* Problem to solve *
In the records that follow, find the line with "unfoldable pub invalidate"; from there, retype every line exactly through the line with "-- own, or back with its three results.", which also belongs to the answer.

Saved data entries:
*** Block opens ***

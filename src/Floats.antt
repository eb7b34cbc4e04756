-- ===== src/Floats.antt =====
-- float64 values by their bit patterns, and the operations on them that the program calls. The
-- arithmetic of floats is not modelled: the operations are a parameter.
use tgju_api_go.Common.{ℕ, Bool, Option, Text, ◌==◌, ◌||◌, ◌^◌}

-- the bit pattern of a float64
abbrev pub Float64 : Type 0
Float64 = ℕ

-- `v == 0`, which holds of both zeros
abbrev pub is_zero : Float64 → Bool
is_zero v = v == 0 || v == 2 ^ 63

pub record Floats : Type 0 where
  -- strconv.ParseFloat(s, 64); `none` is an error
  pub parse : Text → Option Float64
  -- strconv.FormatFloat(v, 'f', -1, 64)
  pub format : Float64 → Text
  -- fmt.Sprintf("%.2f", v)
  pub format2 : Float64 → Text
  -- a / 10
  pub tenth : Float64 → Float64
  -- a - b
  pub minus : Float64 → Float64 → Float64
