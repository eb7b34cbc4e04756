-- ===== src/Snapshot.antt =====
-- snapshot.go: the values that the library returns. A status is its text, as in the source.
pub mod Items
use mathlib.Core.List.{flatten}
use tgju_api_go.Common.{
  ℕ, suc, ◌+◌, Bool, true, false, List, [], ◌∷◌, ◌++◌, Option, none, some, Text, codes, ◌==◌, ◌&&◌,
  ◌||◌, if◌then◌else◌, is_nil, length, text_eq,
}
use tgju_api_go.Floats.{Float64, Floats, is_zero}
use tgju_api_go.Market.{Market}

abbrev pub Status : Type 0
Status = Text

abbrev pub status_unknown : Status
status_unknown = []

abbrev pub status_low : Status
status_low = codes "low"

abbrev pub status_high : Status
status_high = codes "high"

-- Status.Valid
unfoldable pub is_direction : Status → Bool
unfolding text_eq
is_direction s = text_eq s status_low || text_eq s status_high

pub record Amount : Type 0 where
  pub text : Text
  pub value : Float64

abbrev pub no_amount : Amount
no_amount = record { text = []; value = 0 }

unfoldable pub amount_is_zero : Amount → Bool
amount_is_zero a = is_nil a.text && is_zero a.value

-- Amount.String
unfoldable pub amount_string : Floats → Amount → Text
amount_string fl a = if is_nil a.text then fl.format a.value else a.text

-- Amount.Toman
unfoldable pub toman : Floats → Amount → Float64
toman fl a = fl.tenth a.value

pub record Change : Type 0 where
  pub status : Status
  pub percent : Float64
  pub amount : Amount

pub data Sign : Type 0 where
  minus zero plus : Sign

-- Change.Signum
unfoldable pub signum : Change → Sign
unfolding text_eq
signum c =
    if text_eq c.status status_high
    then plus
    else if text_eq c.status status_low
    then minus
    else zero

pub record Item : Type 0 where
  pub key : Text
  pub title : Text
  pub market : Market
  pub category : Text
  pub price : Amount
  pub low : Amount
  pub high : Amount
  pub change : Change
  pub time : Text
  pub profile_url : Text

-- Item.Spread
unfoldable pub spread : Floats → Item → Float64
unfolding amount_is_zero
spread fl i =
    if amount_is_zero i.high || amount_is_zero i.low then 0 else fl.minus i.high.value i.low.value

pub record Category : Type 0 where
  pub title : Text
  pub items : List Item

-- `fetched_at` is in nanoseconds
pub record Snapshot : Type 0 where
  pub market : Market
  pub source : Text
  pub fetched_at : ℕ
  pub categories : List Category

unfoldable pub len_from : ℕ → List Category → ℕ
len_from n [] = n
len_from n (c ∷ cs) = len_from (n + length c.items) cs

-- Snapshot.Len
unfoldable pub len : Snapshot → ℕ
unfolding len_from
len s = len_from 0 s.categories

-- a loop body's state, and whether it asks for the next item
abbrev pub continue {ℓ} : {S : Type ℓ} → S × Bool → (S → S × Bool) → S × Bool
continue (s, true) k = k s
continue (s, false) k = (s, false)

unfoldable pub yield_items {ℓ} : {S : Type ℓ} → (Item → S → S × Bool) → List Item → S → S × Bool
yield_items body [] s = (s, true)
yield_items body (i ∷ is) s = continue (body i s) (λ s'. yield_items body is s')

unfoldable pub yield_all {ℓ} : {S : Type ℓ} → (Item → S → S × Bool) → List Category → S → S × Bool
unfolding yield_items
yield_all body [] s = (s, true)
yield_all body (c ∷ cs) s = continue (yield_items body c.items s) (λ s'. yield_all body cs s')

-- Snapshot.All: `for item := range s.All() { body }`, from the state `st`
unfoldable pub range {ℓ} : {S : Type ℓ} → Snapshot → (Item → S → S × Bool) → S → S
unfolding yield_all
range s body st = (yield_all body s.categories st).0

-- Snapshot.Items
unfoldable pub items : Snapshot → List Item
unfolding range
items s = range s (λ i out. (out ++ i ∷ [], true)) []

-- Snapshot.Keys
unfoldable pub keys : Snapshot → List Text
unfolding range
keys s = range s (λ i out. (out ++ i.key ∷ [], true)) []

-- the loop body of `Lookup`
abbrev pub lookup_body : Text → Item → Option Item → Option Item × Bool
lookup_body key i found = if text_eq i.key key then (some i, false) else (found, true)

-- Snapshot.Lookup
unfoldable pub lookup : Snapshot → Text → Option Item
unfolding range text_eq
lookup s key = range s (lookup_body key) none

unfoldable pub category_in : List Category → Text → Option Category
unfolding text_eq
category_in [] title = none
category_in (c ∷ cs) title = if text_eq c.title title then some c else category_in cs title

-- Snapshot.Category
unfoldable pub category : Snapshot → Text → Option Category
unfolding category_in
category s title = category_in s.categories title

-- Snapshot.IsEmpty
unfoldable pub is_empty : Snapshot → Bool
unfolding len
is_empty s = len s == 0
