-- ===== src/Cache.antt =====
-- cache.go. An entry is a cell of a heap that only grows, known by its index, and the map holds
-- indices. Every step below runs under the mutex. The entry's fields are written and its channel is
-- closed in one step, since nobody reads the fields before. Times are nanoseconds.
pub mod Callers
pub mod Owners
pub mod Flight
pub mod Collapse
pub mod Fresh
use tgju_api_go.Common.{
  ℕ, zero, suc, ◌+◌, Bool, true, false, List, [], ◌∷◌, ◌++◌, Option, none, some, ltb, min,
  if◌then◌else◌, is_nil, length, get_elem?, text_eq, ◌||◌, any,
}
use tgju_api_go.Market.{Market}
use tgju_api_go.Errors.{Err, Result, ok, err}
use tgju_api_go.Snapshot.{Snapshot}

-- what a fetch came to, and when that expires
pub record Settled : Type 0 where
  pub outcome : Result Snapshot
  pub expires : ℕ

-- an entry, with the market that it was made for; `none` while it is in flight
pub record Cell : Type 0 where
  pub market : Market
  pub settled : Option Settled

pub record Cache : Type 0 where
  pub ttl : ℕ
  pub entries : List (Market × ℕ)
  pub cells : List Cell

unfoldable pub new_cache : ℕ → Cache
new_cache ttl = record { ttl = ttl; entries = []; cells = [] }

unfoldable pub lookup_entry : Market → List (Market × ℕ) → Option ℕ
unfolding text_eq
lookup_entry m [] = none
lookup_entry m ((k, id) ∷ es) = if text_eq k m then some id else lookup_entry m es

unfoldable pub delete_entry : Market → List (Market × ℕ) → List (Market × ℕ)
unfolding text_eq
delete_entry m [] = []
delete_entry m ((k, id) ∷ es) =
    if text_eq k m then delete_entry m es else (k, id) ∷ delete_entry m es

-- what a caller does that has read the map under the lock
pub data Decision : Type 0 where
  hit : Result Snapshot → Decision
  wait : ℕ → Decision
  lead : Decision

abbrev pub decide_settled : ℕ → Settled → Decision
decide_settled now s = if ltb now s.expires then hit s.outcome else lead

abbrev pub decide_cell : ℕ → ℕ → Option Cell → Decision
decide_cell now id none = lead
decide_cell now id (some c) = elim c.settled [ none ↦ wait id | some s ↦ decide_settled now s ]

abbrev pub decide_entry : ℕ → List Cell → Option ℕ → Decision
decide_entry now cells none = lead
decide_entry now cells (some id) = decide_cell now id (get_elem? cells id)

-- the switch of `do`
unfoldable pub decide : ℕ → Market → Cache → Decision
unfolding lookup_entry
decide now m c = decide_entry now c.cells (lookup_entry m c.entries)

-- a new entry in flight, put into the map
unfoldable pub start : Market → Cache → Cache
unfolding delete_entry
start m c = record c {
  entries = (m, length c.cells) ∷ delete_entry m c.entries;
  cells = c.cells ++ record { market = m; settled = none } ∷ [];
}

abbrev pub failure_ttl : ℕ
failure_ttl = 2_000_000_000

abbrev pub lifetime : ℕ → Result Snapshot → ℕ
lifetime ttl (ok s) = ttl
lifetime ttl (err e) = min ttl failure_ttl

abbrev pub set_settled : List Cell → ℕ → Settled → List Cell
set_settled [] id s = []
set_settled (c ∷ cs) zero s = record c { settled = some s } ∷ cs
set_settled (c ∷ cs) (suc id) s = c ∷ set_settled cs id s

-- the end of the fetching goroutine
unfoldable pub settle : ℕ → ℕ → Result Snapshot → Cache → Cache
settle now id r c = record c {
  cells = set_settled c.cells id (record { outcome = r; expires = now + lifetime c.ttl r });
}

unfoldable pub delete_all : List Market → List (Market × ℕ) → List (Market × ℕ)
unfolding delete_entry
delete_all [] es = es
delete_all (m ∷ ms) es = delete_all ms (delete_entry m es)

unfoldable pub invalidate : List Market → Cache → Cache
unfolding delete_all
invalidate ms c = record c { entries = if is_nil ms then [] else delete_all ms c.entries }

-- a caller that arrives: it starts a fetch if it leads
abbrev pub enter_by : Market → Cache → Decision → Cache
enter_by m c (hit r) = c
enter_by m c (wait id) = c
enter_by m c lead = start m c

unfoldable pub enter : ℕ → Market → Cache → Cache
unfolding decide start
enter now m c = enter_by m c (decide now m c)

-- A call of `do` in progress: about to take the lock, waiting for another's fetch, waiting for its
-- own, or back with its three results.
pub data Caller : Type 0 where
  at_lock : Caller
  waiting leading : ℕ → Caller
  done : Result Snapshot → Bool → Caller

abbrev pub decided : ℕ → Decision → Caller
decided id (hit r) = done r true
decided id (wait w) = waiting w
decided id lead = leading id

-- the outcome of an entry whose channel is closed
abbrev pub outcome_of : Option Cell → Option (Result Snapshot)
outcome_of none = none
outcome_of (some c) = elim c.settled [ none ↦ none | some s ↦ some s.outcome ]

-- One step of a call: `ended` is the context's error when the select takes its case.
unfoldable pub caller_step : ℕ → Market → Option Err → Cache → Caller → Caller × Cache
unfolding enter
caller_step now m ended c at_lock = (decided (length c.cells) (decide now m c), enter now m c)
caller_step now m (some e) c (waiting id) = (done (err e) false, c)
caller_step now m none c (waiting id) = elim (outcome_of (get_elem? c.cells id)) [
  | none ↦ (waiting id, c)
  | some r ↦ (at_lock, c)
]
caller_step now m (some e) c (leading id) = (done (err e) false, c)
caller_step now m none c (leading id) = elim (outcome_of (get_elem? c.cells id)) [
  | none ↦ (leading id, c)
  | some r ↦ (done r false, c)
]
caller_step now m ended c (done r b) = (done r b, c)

*** Block closes ***

* Result below *
unfoldable pub invalidate : List Market → Cache → Cache
unfolding delete_all
invalidate ms c = record c { entries = if is_nil ms then [] else delete_all ms c.entries }

-- a caller that arrives: it starts a fetch if it leads
abbrev pub enter_by : Market → Cache → Decision → Cache
enter_by m c (hit r) = c
enter_by m c (wait id) = c
enter_by m c lead = start m c

unfoldable pub enter : ℕ → Market → Cache → Cache
unfolding decide start
enter now m c = enter_by m c (decide now m c)

-- A call of `do` in progress: about to take the lock, waiting for another's fetch, waiting for its
-- own, or back with its three results.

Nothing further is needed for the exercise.